§ Requirement: Nothing in the listing below should change; retype it as is.

§ Source material:
⟨
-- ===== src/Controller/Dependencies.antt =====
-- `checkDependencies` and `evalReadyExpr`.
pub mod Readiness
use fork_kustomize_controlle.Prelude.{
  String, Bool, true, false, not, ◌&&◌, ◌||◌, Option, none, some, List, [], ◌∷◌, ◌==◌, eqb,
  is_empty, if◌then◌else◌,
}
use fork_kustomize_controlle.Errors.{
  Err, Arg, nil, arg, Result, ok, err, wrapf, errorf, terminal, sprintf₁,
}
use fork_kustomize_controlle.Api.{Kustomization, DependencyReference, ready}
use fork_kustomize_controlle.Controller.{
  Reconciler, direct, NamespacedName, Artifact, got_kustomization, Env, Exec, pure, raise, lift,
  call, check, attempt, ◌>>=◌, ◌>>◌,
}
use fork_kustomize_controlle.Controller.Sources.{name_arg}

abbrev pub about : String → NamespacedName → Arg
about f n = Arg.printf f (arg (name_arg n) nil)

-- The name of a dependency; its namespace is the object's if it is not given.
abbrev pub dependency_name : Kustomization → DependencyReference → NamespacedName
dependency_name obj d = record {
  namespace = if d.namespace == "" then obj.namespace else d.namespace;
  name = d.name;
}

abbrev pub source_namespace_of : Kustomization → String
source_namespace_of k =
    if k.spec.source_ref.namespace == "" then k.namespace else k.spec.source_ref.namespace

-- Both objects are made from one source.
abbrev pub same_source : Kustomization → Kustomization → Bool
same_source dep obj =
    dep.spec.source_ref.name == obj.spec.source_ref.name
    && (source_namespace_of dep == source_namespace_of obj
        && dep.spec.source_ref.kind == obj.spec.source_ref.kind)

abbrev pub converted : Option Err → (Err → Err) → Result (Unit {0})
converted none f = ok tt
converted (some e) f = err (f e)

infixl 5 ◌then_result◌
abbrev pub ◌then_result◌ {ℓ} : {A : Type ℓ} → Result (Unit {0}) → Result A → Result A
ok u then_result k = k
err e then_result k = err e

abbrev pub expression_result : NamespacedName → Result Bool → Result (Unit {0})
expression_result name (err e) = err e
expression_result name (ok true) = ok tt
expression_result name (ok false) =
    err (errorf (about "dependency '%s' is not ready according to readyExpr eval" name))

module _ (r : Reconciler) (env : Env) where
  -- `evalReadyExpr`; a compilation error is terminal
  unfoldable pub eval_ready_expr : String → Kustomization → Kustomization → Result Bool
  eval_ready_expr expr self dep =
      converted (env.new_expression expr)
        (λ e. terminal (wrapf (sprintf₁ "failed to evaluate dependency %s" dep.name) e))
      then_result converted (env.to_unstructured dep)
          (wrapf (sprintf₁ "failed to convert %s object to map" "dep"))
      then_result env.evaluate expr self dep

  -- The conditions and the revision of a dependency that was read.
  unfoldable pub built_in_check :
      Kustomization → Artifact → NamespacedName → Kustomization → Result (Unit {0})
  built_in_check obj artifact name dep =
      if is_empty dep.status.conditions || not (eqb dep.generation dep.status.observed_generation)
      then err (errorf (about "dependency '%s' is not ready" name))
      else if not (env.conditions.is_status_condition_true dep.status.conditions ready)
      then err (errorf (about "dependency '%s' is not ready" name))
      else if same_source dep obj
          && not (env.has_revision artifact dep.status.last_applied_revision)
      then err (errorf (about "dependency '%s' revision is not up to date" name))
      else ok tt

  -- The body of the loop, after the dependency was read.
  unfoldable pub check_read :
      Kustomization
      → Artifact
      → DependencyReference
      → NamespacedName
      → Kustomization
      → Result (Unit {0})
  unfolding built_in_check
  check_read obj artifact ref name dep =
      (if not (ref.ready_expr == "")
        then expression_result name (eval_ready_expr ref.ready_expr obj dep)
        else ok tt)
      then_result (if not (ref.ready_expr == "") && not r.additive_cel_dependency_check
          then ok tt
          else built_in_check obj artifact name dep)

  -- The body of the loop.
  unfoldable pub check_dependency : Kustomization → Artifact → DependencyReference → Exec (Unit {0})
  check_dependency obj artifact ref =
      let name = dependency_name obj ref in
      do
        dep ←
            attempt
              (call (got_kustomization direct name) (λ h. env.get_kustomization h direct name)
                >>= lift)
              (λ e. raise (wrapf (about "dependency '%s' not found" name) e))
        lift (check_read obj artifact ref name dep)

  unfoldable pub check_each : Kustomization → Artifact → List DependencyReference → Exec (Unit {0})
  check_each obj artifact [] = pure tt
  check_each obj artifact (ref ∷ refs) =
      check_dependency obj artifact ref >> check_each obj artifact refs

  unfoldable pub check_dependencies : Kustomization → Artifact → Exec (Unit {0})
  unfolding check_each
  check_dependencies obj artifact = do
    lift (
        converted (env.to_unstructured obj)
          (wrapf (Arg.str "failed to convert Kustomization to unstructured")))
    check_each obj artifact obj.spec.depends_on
⟩
§ Task output:
-- ===== src/Controller/Dependencies.antt =====
-- `checkDependencies` and `evalReadyExpr`.
pub mod Readiness
use fork_kustomize_controlle.Prelude.{
  String, Bool, true, false, not, ◌&&◌, ◌||◌, Option, none, some, List, [], ◌∷◌, ◌==◌, eqb,
  is_empty, if◌then◌else◌,
}
use fork_kustomize_controlle.Errors.{
  Err, Arg, nil, arg, Result, ok, err, wrapf, errorf, terminal, sprintf₁,
}
use fork_kustomize_controlle.Api.{Kustomization, DependencyReference, ready}
use fork_kustomize_controlle.Controller.{
  Reconciler, direct, NamespacedName, Artifact, got_kustomization, Env, Exec, pure, raise, lift,
  call, check, attempt, ◌>>=◌, ◌>>◌,
}
use fork_kustomize_controlle.Controller.Sources.{name_arg}

abbrev pub about : String → NamespacedName → Arg
about f n = Arg.printf f (arg (name_arg n) nil)

-- The name of a dependency; its namespace is the object's if it is not given.
abbrev pub dependency_name : Kustomization → DependencyReference → NamespacedName
dependency_name obj d = record {
  namespace = if d.namespace == "" then obj.namespace else d.namespace;
  name = d.name;
}

abbrev pub source_namespace_of : Kustomization → String
source_namespace_of k =
    if k.spec.source_ref.namespace == "" then k.namespace else k.spec.source_ref.namespace

-- Both objects are made from one source.
abbrev pub same_source : Kustomization → Kustomization → Bool
same_source dep obj =
    dep.spec.source_ref.name == obj.spec.source_ref.name
    && (source_namespace_of dep == source_namespace_of obj
        && dep.spec.source_ref.kind == obj.spec.source_ref.kind)

abbrev pub converted : Option Err → (Err → Err) → Result (Unit {0})
converted none f = ok tt
converted (some e) f = err (f e)

infixl 5 ◌then_result◌
abbrev pub ◌then_result◌ {ℓ} : {A : Type ℓ} → Result (Unit {0}) → Result A → Result A
ok u then_result k = k
err e then_result k = err e

abbrev pub expression_result : NamespacedName → Result Bool → Result (Unit {0})
expression_result name (err e) = err e
expression_result name (ok true) = ok tt
expression_result name (ok false) =
    err (errorf (about "dependency '%s' is not ready according to readyExpr eval" name))

module _ (r : Reconciler) (env : Env) where
  -- `evalReadyExpr`; a compilation error is terminal
  unfoldable pub eval_ready_expr : String → Kustomization → Kustomization → Result Bool
  eval_ready_expr expr self dep =
      converted (env.new_expression expr)
        (λ e. terminal (wrapf (sprintf₁ "failed to evaluate dependency %s" dep.name) e))
      then_result converted (env.to_unstructured dep)
          (wrapf (sprintf₁ "failed to convert %s object to map" "dep"))
      then_result env.evaluate expr self dep

  -- The conditions and the revision of a dependency that was read.
  unfoldable pub built_in_check :
      Kustomization → Artifact → NamespacedName → Kustomization → Result (Unit {0})
  built_in_check obj artifact name dep =
      if is_empty dep.status.conditions || not (eqb dep.generation dep.status.observed_generation)
      then err (errorf (about "dependency '%s' is not ready" name))
      else if not (env.conditions.is_status_condition_true dep.status.conditions ready)
      then err (errorf (about "dependency '%s' is not ready" name))
      else if same_source dep obj
          && not (env.has_revision artifact dep.status.last_applied_revision)
      then err (errorf (about "dependency '%s' revision is not up to date" name))
      else ok tt

  -- The body of the loop, after the dependency was read.
  unfoldable pub check_read :
      Kustomization
      → Artifact
      → DependencyReference
      → NamespacedName
      → Kustomization
      → Result (Unit {0})
  unfolding built_in_check
  check_read obj artifact ref name dep =
      (if not (ref.ready_expr == "")
        then expression_result name (eval_ready_expr ref.ready_expr obj dep)
        else ok tt)
      then_result (if not (ref.ready_expr == "") && not r.additive_cel_dependency_check
          then ok tt
          else built_in_check obj artifact name dep)

  -- The body of the loop.
  unfoldable pub check_dependency : Kustomization → Artifact → DependencyReference → Exec (Unit {0})
  check_dependency obj artifact ref =
      let name = dependency_name obj ref in
      do
        dep ←
            attempt
              (call (got_kustomization direct name) (λ h. env.get_kustomization h direct name)
                >>= lift)
              (λ e. raise (wrapf (about "dependency '%s' not found" name) e))
        lift (check_read obj artifact ref name dep)

  unfoldable pub check_each : Kustomization → Artifact → List DependencyReference → Exec (Unit {0})
  check_each obj artifact [] = pure tt
  check_each obj artifact (ref ∷ refs) =
      check_dependency obj artifact ref >> check_each obj artifact refs

  unfoldable pub check_dependencies : Kustomization → Artifact → Exec (Unit {0})
  unfolding check_each
  check_dependencies obj artifact = do
    lift (
        converted (env.to_unstructured obj)
          (wrapf (Arg.str "failed to convert Kustomization to unstructured")))
    check_each obj artifact obj.spec.depends_on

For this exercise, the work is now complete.